The daughter is a legal adult who wants to change the shape of her own body. The reason she wants this may absolutely be steeped in patriarchy. But I think fundamentally that doesn't matter. It is her body. And part of the principle of bodily autonomy is that people get to change their own autonomous bodies in ways, and for reasons, that others might not approve of.

That doesn't mean the parents are obliged to help pay for it. But I think it's good that they're planning to.

Edited (Fixed a typo.) 2022-06-11 14:01 (UTC)
castiron: cartoony sketch of owl (Default)

[personal profile] castiron 2022-06-11 02:50 pm (UTC)(link)
First, why did anyone tell husband's family about it in the first place?

I think it's a bad idea (I'd feel differently if the daughter was 25 and still wanted the procedure); I also think an adult is free to make their own decisions about their body, bad decisions included, and another adult is free to decide whether they want to bankroll it or not, and it's none of my damn business.

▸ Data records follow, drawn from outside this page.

-- ===== src/Gsm/Receive/Lines.antt =====
-- What a module sends, each line between two ends of line, and what is done with each line.
use chan_extra.Prelude.{
  ap, ◌∙◌, true, ltb, leb, ℕ, zero, suc, ◌+◌, ◌-◌, ◌≤◌, ◌<◌, ◌≡◌, refl, sym, ◌≢◌, ◌⊎◌, inl, inr,
  false, some, List, [], ◌∷◌, ◌++◌, append_assoc, ◌==◌, lt→ltb, length, length-append, take,
  drop-append, drop-drop, take-append, take_all, All-append, All, arith,
}
use chan_extra.Gsm.San.{
  Sanbuf, arrays_fit, cr_of, gsm_san, line, out_text, san_add, san_rest, skip_of,
}
use chan_extra.Gsm.Module.{Env, Gsm, Result, event, fault, more, quiet}
use chan_extra.Gsm.Call.{gsm_getcall}
use chan_extra.Gsm.Start.{Return, returned}
use chan_extra.Gsm.Receive.{after_line, module_receive, receive_line, receive_loop}

-- An octet of a line's end, and one of a line.
abbrev pub IsEnd : ℕ → Type 0
IsEnd c = (c ≡ b'\r') ⊎ (c ≡ b'\n')

abbrev pub IsLineOctet : ℕ → Type 0
IsLineOctet c = (c ≢ b'\r') × (c ≢ b'\n')

-- A line has some octet.
abbrev pub IsLine : List ℕ → Type 0
IsLine l = (0 < length l) × All IsLineOctet l

-- What a module sends for a list of lines.
abbrev pub framed : List (List ℕ) → List ℕ
framed [] = []
framed (l ∷ ls) = b'\r' ∷ b'\n' ∷ (l ++ (b'\r' ∷ b'\n' ∷ framed ls))

skip_of-append :
    (ends l rest : List ℕ) → All IsEnd ends → IsLine l → skip_of (ends ++ (l ++ rest)) ≡ length ends
unfolding skip_of
skip_of-append [] [] rest h h' = absurd (ground (arith, h'.0))
skip_of-append [] (c ∷ l) rest h h' = ground (arith, h'.1)
skip_of-append (c ∷ ends) l rest h h' = ground (arith, skip_of-append ends l rest h.1 h', h.0)

cr_of-append : (l rest : List ℕ) → All IsLineOctet l → cr_of (l ++ (b'\r' ∷ rest)) ≡ some (length l)
unfolding cr_of
cr_of-append [] rest h = refl
cr_of-append (c ∷ l) rest h = ground (arith, cr_of-append l rest h.1, h.0)

-- What `sanbuf` has, with what comes in behind it.
san_add_whole :
    (san : Sanbuf) (input whole : List ℕ)
    → length (take san.idx san.text) ≡ san.idx
    → take san.idx san.text ++ input ≡ whole
    → length whole < 4096
    → san_add san input ≡ record { text = whole; idx = length whole }
unfolding san_add
san_add_whole san input whole held e small =
    let size : san.idx + length input ≡ length whole =
      ground (arith, length-append (take san.idx san.text) input, ap length e) in
    rw (san_add, size, lt→ltb (length whole) 4096 small, e) refl

gsm_san-line :
    (r : List ℕ) (san : Sanbuf) (input ends l rest : List ℕ)
    → 0 < length input
    → length (take san.idx san.text) ≡ san.idx
    → take san.idx san.text ++ input ≡ ends ++ (l ++ (b'\r' ∷ rest))
    → All IsEnd ends
    → IsLine l
    → length (ends ++ (l ++ (b'\r' ∷ rest))) < 4096
    → gsm_san r san input ≡ (line l, record { text = b'\r' ∷ rest; idx = length (b'\r' ∷ rest) })
unfolding gsm_san
gsm_san-line r san input ends l rest some_input held e h h' small =
    let whole : List ℕ = ends ++ (l ++ (b'\r' ∷ rest)) in
    let size : length whole ≡ length ends + (length l + suc (length rest)) =
      ground (arith, length-append ends (l ++ (b'\r' ∷ rest)), length-append l (b'\r' ∷ rest)) in
    let there : (length input == 0) ≡ false = ground arith in
    let behind : take (length whole - length ends) (l ++ (b'\r' ∷ rest)) ≡ l ++ (b'\r' ∷ rest) =
      take_all (length whole - length ends) (l ++ (b'\r' ∷ rest))
        (ground (arith, length-append l (b'\r' ∷ rest))) in
    let left : length whole - (length l + length ends) ≡ suc (length rest) = ground arith in
    let added = san_add_whole san input whole held e small in
    rw
      (
        gsm_san,
        there,
        added,
        skip_of-append ends l (b'\r' ∷ rest) h h',
        drop-append ends (l ++ (b'\r' ∷ rest)),
        behind,
        cr_of-append l rest h'.1,
        added,
        skip_of-append ends l (b'\r' ∷ rest) h h',
        drop-append ends (l ++ (b'\r' ∷ rest)),
        take-append l (b'\r' ∷ rest),
        ← drop-drop (length ends) (length l) whole,
        drop-append ends (l ++ (b'\r' ∷ rest)),
        drop-append l (b'\r' ∷ rest),
        left,
      )
      refl

-- What the loop has in `sanbuf` while it looks at a line, with these lines behind it.
abbrev pub ahead : List (List ℕ) → Sanbuf
ahead ls = record { text = b'\r' ∷ b'\n' ∷ framed ls; idx = 0 }

-- The lines one after the other, from the number `i` on, each as `receive_line` answers to it: an
-- event, or a return without one, ends them; the last end of line stays in `sanbuf`.
abbrev pub each_line : Env → ℕ → Gsm → List (List ℕ) → Return
each_line env i g [] =
    returned false (record g { san = record { text = b'\r' ∷ b'\n' ∷ []; idx = 2 } })
each_line env i g (l ∷ ls) =
    after_line (receive_line env (i + 1) (record g { san = ahead ls }) l)
      (λ h. each_line env (i + 1) (record h { san = ahead ls }) ls)

same_after :
    (r : Result) (k k' : Gsm → Return) → ((h : Gsm) → k h ≡ k' h) → after_line r k ≡ after_line r k'
unfolding after_line
same_after fault k k' same = refl
same_after (event g) k k' same = refl
same_after (quiet g) k k' same = refl
same_after (more g buf) k k' same = same g

-- A round of the loop, on a line.
line_round :
    (env : Env) (f i : ℕ) (g : Gsm) (input ends l : List ℕ) (ls : List (List ℕ))
    → 0 < length input
    → length (take g.san.idx g.san.text) ≡ g.san.idx
    → take g.san.idx g.san.text ++ input ≡ ends ++ framed (l ∷ ls)
    → All IsEnd ends
    → IsLine l
    → length (ends ++ framed (l ∷ ls)) ≤ 1024
    → receive_loop env (suc f) i g input
      ≡ after_line (receive_line env (i + 1) (record g { san = ahead ls }) l) (λ h.
        receive_loop env f (i + 1) (record h { san = ahead ls }) (b'\r' ∷ b'\n' ∷ framed ls))
unfolding receive_loop arrays_fit out_text
line_round env f i g input ends l ls some_input held e h h' fits =
    let before : List ℕ = ends ++ (b'\r' ∷ b'\n' ∷ []) in
    let rest : List ℕ = b'\n' ∷ framed ls in
    let parts : ends ++ framed (l ∷ ls) ≡ before ++ (l ++ (b'\r' ∷ rest)) =
      sym (append_assoc ends (b'\r' ∷ b'\n' ∷ []) (l ++ (b'\r' ∷ rest))) in
    let before_ends = All-append IsEnd ends (b'\r' ∷ b'\n' ∷ []) h (inl refl, (inr refl, tt)) in
    let size : length (ends ++ framed (l ∷ ls)) ≡ length before + (length l + suc (length rest)) =
      ap length parts
      ∙ ground
          (arith, length-append before (l ++ (b'\r' ∷ rest)), length-append l (b'\r' ∷ rest)) in
    let here =
      gsm_san-line g.at_last_recv g.san input before l rest some_input held (e ∙ parts) before_ends
        h' (omega (arith, ap length parts)) in
    let within : (length input ≤ 1024) =
      omega (arith, ap length e, length-append (take g.san.idx g.san.text) input) in
    let within_in : leb (length input) 1024 ≡ true = ground arith in
    let within_out : ltb (length l) 1024 ≡ true = ground arith in
    rw (
      receive_loop,
      here,
      within_in,
      within_out,
      here,
      here,
      take_all (length (b'\r' ∷ rest)) (b'\r' ∷ rest) (omega arith),
    )

-- The rest after the last line.
end_round :
    (env : Env) (f i : ℕ) (g : Gsm)
    → receive_loop env (suc f) i (record g { san = ahead [] }) (b'\r' ∷ b'\n' ∷ [])
      ≡ each_line env i g []
unfolding receive_loop arrays_fit out_text gsm_san san_add skip_of cr_of san_rest
end_round env f i g = refl

receive_loop-framed :
    (env : Env) (f i : ℕ) (g : Gsm) (input ends l : List ℕ) (ls : List (List ℕ))
    → length ls + 1 < f
    → 0 < length input
    → length (take g.san.idx g.san.text) ≡ g.san.idx
    → take g.san.idx g.san.text ++ input ≡ ends ++ framed (l ∷ ls)
    → All IsEnd ends
    → All IsLine (l ∷ ls)
    → length (ends ++ framed (l ∷ ls)) ≤ 1024
    → receive_loop env f i g input ≡ each_line env i g (l ∷ ls)
unfolding receive_loop arrays_fit out_text
receive_loop-framed env zero i g input ends l ls fuel some_input held e h h' fits =
    absurd (ground arith)
receive_loop-framed env (suc zero) i g input ends l ls fuel some_input held e h h' fits =
    absurd (ground arith)
receive_loop-framed env (suc (suc f)) i g input ends l [] fuel some_input held e h h' fits =
    line_round env (suc f) i g input ends l [] some_input held e h h'.0 fits
    ∙ same_after (receive_line env (i + 1) (record g { san = ahead [] }) l) _ _
        (λ k. end_round env f (i + 1) k)
receive_loop-framed env (suc (suc f)) i g input ends l (l' ∷ ls) fuel some_input held e h h' fits =
    line_round env (suc f) i g input ends l (l' ∷ ls) some_input held e h h'.0 fits
    ∙ same_after (receive_line env (i + 1) (record g { san = ahead (l' ∷ ls) }) l) _ _ (λ k.
      receive_loop-framed env (suc f) (i + 1) (record k { san = ahead (l' ∷ ls) })
        (b'\r' ∷ b'\n' ∷ framed (l' ∷ ls)) (b'\r' ∷ b'\n' ∷ []) l' ls (omega arith) (omega arith)
        refl refl (inl refl, (inr refl, tt)) h'.1
        (omega (
          arith,
          length-append ends (framed (l ∷ l' ∷ ls)),
          length-append l (b'\r' ∷ b'\n' ∷ framed (l' ∷ ls)),
        )))

-- What comes in for some lines, none of them empty and each between two ends of line, is answered line
-- by line, when it fits the arrays with what `sanbuf` holds: the function does for each line, in
-- order, what `receive_line` does, up to the first that leads to an event, to a return or to a fault.
-- Only octets of ends of line may stand before the lines, in `sanbuf` or in the text. A round for
-- each line and one more are enough.
pub module_receive-framed :
    (env : Env) (f : ℕ) (g : Gsm) (input ends l : List ℕ) (ls : List (List ℕ))
    → length ls + 1 < f
    → 0 < length input
    → length (take g.san.idx g.san.text) ≡ g.san.idx
    → take g.san.idx g.san.text ++ input ≡ ends ++ framed (l ∷ ls)
    → All IsEnd ends
    → All IsLine (l ∷ ls)
    → length (ends ++ framed (l ∷ ls)) ≤ 1024
    → module_receive env f g input
      ≡ each_line env 0 (record g { pool = gsm_getcall g.pool g.pool.cref }) (l ∷ ls)
unfolding module_receive
module_receive-framed env f g input ends l ls fuel some_input held e h h' fits =
    receive_loop-framed env f 0 (record g { pool = gsm_getcall g.pool g.pool.cref }) input ends l ls
      fuel some_input held e h h' fits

The only other thing I might ask if I actually knew the LW or the daughter is whether the daughter wants to have children, and if so how soon. Pregnancy changes bodies in general and breasts in particular, and the long-term change could go in either direction; some folks end up even flatter-chested after kids, and some end up much bustier. If daughter is hoping to have kids in the next 5-10 years, she might be better off waiting until after at least one pregnancy before having augmentation done. (And if her response is "but I won't find anyoen to have kids with if I don't have this surgery!", that'd tell me she's having it for the wrong reasons. But again, she's an adult, and adults get to make their own decisions.)
sathari: (Brain transplant no thanks)

[personal profile] sathari 2022-06-12 12:15 am (UTC)(link)
I'm inclined to agree with all of the folks who've said that it is the young adult woman's body and therefore her choice and that I'm glad her parents are supporting her in it.

And I would like to add another reason for wanting larger tits: looking like a legal post-pubescent adult once you actually are one. Signed, someone who didn't look post-pubescent until perimenopause and let me spare you the stories of creepiness.